The Human Genome Project showed how large-scale international collaboration could generate a resource of enduring scientific value: a human genome reference sequence (Milestone 1). But with a cost of approximately US$300 million and requiring several years, technological advances would be required for whole-genome sequencing to become more widely achievable. The year 2008 saw the publication of pioneering applications of next-generation sequencing technologies to generate genomes of human individuals at a fraction of the cost and time of Sanger sequencing.
In Nature, Bentley et al. and Wang et al. reported the genomes of an African individual and an Asian individual, respectively. Bentley et al. introduced a novel massively parallel reversible terminator approach, which was adopted by Wang et al. as well as in a separate study by Ley and colleagues (Milestone 6). Originally known as Solexa sequencing, this technique remains the mainstay of short-read Illumina sequencing approaches to the present day.

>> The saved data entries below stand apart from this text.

-- ===== src/Status/Samples.antt =====
-- An API server and a retry for the examples. The world counts the writes that others still make,
-- beside the object; each of them sets another condition.
use environments.Common.{
  ℕ, zero, suc, String, ◌≡◌, refl, ap, Bool-cases, inl, inr, ok-injective, true, Option, none, some,
  [], ◌∷◌, same_number, if◌then◌else◌, Error, errorf, ok, Effect, arith,
}
use environments.Core.Conditions.{Condition}
use environments.Status.Api.{
  StoredObject, Server, Optimistic, Attempts, last, again, RetryOnConflict,
}

abbrev pub World : Type 0
World = ℕ × StoredObject

abbrev pub condition : String → String → Condition
condition kind status = record {
  kind = kind;
  status = status;
  observed_generation = 1;
  last_transition_time = 7;
  reason = "Test";
  message = "";
}

abbrev pub update : StoredObject → Effect World
update o (n, p) =
    if same_number o.version p.version
    then (none, (n, record o { version = suc o.version }))
    else (some (errorf "conflict"), (n, p))

abbrev pub server : Server World
server = record { fetch = λ w. (ok w.1, w); update = update; is_conflict = λ e. true }

abbrev pub others : World → World
others (zero, p) = (zero, p)
others (suc n, p) = (
  n,
  record p { version = suc p.version; conditions = condition "ScanReady" "True" ∷ p.conditions },
)

abbrev pub version_of : Option StoredObject → ℕ
version_of none = 0
version_of (some o) = o.version

pub kept :
    (w : World) (o p : StoredObject)
    → (server.fetch w).0 ≡ ok o
    → some (others w).1 ≡ some p
    → p.version ≡ o.version
    → p ≡ o
kept (zero, q) o p fetched stored same = cc
kept (suc n, q) o p fetched stored same =
    absurd (omega (arith, ap (λ x. x.version) (ok-injective fetched), ap version_of stored, same))

pub current :
    (w : World) (o : StoredObject)
    → (update o w).0 ≡ none
    → (p : StoredObject) × (◌≡◌ {A = Option StoredObject} (some w.1) (some p))
      × (p.version ≡ o.version)
current (n, q) o h = (q, refl, ground arith)

pub accepted :
    (w : World) (o : StoredObject)
    → (update o w).0 ≡ none
    → (p : StoredObject) × (some (update o w).1.1 ≡ some p)
      × (p.conditions ≡ o.conditions)
      × (p.contract ≡ o.contract)
accepted (n, q) o h = elim (Bool-cases (same_number o.version q.version)) [
  | inl s ↦ rw s (record o { version = suc o.version }, refl, refl, refl)
  | inr d ↦ cc (rw d at h)
]

pub optimistic : Optimistic server others
optimistic = record { stored = λ w. some w.1; kept = kept; current = current; accepted = accepted }

abbrev pub again_if : Option Error × World → Effect World → Option Error × World
again_if (none, w) next = (none, w)
again_if (some e, w) next = next w

abbrev pub attempt : ℕ → Effect World → Effect World
attempt zero fn w = fn w
attempt (suc n) fn w = again_if (fn w) (attempt n fn)

pub again_if-Attempts :
    (fn next : Effect World) (w : World) (r : Option Error × World)
    → fn w ≡ r
    → ((u : World) → Attempts (λ e. true) fn (next u).0 (next u).1 u)
    → Attempts (λ e. true) fn (again_if r next).0 (again_if r next).1 w
again_if-Attempts fn next w (none, u) h later = last w (ap (λ q. q.0) h) (ap (λ q. q.1) h)
again_if-Attempts fn next w (some e, u) h later = again w e u (ap (λ q. q.0) h) refl (later u)

pub attempt-Attempts :
    (n : ℕ) (fn : Effect World) (w : World)
    → Attempts (λ e. true) fn (attempt n fn w).0 (attempt n fn w).1 w
attempt-Attempts zero fn w = last w refl refl
attempt-Attempts (suc n) fn w =
    again_if-Attempts fn (attempt n fn) w (fn w) refl (attempt-Attempts n fn)

unfoldable pub retry : RetryOnConflict server
retry = record { run = attempt 4; attempts = attempt-Attempts 4 }

abbrev pub start : World
start = (1, record { version = 3; conditions = condition "Ready" "False" ∷ []; contract = [] })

Whereas Sanger sequencing determines the sequence of a single DNA clone per capillary channel, the major advancement of next-generation approaches was to enable the sequencing of millions of DNA clones simultaneously. To achieve this parallelization, single DNA molecules were immobilized on a flow-cell surface, followed by localized amplification to generate a focal cluster of identical DNA molecules from each starting molecule. A camera then images the flow cell as the DNA clones undergo sequential rounds of controlled, stepwise single-nucleotide addition, with each of the four possible added nucleotides labelled with a different coloured fluorophore that is removed after each cycle. For each clonal spot on the flow cell, the sequential colour changes reveal the DNA sequence.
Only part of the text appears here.